> [WHAT NEEDS TO BE DONE]: Look through the data below for the line with "filename src/JsonSchema/Fields.antt" and the line with "other : Kind I", then output those two and all lines in between, exactly as written.

> [GIVEN INFORMATION]:
* * * * * * * * *

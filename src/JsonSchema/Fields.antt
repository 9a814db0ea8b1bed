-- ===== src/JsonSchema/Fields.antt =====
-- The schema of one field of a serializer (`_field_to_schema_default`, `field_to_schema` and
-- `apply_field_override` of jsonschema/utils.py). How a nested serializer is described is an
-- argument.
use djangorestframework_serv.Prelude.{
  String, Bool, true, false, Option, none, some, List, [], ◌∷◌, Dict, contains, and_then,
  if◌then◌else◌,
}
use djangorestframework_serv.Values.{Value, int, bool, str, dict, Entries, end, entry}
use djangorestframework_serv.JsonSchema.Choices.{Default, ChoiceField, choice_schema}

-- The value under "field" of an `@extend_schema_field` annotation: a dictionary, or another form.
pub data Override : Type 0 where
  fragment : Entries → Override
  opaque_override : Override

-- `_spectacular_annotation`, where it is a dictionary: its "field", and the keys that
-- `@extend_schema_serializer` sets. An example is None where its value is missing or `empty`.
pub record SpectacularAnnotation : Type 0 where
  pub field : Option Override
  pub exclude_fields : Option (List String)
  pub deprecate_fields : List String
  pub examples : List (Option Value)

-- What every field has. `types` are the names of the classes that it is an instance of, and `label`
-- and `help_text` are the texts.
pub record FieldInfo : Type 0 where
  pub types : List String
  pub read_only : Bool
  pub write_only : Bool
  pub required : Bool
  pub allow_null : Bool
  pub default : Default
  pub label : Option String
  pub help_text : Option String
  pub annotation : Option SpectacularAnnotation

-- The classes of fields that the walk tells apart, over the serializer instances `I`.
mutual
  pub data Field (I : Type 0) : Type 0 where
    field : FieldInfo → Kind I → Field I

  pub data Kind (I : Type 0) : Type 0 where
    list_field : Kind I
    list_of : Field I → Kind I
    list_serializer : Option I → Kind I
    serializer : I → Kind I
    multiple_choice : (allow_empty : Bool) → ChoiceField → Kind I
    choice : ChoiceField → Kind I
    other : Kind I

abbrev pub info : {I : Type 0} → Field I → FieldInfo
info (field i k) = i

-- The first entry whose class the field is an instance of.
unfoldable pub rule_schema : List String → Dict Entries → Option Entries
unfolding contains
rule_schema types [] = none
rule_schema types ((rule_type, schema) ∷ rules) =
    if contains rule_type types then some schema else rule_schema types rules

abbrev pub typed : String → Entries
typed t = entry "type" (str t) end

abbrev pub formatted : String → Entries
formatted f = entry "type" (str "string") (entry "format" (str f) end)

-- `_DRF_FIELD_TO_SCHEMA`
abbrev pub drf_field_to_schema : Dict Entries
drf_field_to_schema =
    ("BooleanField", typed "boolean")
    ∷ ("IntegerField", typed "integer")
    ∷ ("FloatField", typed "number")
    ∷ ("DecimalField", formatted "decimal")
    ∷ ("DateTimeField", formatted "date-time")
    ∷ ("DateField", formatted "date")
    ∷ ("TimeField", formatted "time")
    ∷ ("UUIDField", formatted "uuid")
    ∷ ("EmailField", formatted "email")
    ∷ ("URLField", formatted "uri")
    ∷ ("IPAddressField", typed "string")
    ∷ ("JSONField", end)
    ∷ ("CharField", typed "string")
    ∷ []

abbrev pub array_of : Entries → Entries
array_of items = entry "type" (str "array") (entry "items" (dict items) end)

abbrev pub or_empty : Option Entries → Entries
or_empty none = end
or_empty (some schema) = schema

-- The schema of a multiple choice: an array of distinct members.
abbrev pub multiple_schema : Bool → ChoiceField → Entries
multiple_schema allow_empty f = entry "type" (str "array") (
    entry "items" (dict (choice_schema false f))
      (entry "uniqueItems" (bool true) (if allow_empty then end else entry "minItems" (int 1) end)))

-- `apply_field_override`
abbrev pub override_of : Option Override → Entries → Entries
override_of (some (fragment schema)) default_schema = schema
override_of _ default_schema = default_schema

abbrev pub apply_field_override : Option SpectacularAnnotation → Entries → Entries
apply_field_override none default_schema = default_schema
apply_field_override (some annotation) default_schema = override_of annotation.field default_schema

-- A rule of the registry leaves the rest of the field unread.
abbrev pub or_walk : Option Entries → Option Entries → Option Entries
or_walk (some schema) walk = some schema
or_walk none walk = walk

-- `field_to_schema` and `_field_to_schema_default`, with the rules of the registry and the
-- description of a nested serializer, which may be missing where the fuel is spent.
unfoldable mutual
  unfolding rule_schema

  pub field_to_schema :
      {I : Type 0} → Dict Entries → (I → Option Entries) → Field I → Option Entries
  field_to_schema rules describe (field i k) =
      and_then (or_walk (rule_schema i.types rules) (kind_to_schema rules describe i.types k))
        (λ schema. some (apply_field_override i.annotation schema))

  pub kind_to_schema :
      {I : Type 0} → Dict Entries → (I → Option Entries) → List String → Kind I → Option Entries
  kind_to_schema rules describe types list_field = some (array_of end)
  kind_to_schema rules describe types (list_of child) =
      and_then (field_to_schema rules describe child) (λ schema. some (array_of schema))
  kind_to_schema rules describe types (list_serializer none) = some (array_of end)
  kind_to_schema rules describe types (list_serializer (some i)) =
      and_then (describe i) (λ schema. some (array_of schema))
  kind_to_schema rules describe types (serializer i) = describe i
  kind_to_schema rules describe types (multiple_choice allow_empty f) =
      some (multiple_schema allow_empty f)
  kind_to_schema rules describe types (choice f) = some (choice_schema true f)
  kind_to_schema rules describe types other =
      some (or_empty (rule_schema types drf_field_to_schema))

* * * * * * * * *

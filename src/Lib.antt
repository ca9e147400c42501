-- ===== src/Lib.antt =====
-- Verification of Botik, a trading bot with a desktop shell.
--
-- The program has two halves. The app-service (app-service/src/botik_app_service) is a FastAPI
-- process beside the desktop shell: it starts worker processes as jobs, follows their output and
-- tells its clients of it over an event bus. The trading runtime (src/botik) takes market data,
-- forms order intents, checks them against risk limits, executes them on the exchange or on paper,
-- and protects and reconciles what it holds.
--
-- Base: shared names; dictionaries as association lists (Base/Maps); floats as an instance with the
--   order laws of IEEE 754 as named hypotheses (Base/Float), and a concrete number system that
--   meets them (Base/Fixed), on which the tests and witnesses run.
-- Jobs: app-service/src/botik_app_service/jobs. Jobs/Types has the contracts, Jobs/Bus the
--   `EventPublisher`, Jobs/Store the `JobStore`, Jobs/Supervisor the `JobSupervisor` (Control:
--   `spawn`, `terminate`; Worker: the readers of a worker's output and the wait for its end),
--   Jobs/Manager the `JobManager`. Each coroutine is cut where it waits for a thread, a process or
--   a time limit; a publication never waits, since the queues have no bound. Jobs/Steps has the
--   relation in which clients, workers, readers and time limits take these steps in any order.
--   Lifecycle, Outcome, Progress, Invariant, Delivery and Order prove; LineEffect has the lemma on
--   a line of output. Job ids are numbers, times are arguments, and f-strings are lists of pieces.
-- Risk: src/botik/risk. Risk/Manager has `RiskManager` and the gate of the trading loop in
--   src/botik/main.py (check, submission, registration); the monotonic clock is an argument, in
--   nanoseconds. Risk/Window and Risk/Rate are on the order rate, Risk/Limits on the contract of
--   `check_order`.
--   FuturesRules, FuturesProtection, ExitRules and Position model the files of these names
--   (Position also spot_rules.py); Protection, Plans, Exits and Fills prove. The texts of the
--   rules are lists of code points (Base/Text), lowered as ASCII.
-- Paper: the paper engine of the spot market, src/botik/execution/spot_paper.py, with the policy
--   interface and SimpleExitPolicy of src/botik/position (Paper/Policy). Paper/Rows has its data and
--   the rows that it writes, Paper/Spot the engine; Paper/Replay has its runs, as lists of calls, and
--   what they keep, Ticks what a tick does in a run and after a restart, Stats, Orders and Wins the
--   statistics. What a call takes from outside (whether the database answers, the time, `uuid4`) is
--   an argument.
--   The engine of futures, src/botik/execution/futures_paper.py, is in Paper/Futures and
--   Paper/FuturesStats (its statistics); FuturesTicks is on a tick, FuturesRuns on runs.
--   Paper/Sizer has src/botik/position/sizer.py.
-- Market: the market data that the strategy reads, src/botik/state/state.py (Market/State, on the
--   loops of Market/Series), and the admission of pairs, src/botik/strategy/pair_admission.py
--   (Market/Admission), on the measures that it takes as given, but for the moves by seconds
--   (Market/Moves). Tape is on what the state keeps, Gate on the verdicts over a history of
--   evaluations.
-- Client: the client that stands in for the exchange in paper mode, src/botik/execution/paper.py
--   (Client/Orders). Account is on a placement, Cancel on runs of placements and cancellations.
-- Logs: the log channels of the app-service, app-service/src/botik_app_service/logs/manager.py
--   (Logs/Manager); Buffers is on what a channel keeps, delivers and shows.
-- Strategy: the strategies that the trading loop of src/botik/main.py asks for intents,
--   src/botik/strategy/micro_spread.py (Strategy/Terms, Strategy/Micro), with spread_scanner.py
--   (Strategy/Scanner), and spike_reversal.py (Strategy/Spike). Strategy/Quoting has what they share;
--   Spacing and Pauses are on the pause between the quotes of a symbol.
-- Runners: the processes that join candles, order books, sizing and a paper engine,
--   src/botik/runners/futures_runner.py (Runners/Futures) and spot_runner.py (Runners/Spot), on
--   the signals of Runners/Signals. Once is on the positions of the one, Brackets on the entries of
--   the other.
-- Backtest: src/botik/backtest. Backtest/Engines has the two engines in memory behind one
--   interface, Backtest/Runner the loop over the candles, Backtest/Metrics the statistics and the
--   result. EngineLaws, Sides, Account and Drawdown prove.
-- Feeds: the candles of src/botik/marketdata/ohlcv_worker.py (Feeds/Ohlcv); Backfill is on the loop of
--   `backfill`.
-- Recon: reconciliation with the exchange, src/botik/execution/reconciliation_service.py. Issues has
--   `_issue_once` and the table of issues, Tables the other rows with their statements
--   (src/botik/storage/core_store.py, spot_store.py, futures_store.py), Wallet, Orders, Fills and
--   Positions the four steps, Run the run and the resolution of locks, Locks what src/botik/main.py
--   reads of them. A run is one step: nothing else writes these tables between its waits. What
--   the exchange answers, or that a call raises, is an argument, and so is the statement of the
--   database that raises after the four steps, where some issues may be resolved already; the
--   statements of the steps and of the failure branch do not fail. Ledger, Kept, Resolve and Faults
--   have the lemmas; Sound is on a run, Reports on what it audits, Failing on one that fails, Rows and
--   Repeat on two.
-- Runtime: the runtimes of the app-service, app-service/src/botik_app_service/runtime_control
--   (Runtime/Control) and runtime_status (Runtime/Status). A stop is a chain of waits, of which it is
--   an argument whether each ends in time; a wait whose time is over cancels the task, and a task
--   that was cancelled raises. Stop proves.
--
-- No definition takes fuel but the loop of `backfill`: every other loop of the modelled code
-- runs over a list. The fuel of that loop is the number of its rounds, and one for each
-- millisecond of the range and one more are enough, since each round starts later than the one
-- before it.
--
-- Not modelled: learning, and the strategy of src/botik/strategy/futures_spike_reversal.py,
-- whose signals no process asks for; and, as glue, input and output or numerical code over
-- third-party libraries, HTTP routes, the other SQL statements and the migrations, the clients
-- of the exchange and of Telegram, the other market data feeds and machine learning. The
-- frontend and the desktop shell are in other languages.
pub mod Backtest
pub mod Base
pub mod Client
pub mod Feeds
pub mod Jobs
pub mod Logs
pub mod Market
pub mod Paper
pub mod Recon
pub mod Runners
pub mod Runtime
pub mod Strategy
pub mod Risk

* * * * * * * * *

> [WORKED SOLUTION]:
filename src/JsonSchema/Fields.antt
repository 9a814db0ea8b1bed
-- ===== src/JsonSchema/Fields.antt =====
-- The schema of one field of a serializer (`_field_to_schema_default`, `field_to_schema` and
-- `apply_field_override` of jsonschema/utils.py). How a nested serializer is described is an
-- argument.
use djangorestframework_serv.Prelude.{
  String, Bool, true, false, Option, none, some, List, [], ◌∷◌, Dict, contains, and_then,
  if◌then◌else◌,
}
use djangorestframework_serv.Values.{Value, int, bool, str, dict, Entries, end, entry}
use djangorestframework_serv.JsonSchema.Choices.{Default, ChoiceField, choice_schema}

-- The value under "field" of an `@extend_schema_field` annotation: a dictionary, or another form.
pub data Override : Type 0 where
  fragment : Entries → Override
  opaque_override : Override

-- `_spectacular_annotation`, where it is a dictionary: its "field", and the keys that
-- `@extend_schema_serializer` sets. An example is None where its value is missing or `empty`.
pub record SpectacularAnnotation : Type 0 where
  pub field : Option Override
  pub exclude_fields : Option (List String)
  pub deprecate_fields : List String
  pub examples : List (Option Value)

-- What every field has. `types` are the names of the classes that it is an instance of, and `label`
-- and `help_text` are the texts.
pub record FieldInfo : Type 0 where
  pub types : List String
  pub read_only : Bool
  pub write_only : Bool
  pub required : Bool
  pub allow_null : Bool
  pub default : Default
  pub label : Option String
  pub help_text : Option String
  pub annotation : Option SpectacularAnnotation

-- The classes of fields that the walk tells apart, over the serializer instances `I`.
mutual
  pub data Field (I : Type 0) : Type 0 where
    field : FieldInfo → Kind I → Field I

  pub data Kind (I : Type 0) : Type 0 where
    list_field : Kind I
    list_of : Field I → Kind I
    list_serializer : Option I → Kind I
    serializer : I → Kind I
    multiple_choice : (allow_empty : Bool) → ChoiceField → Kind I
    choice : ChoiceField → Kind I
    other : Kind I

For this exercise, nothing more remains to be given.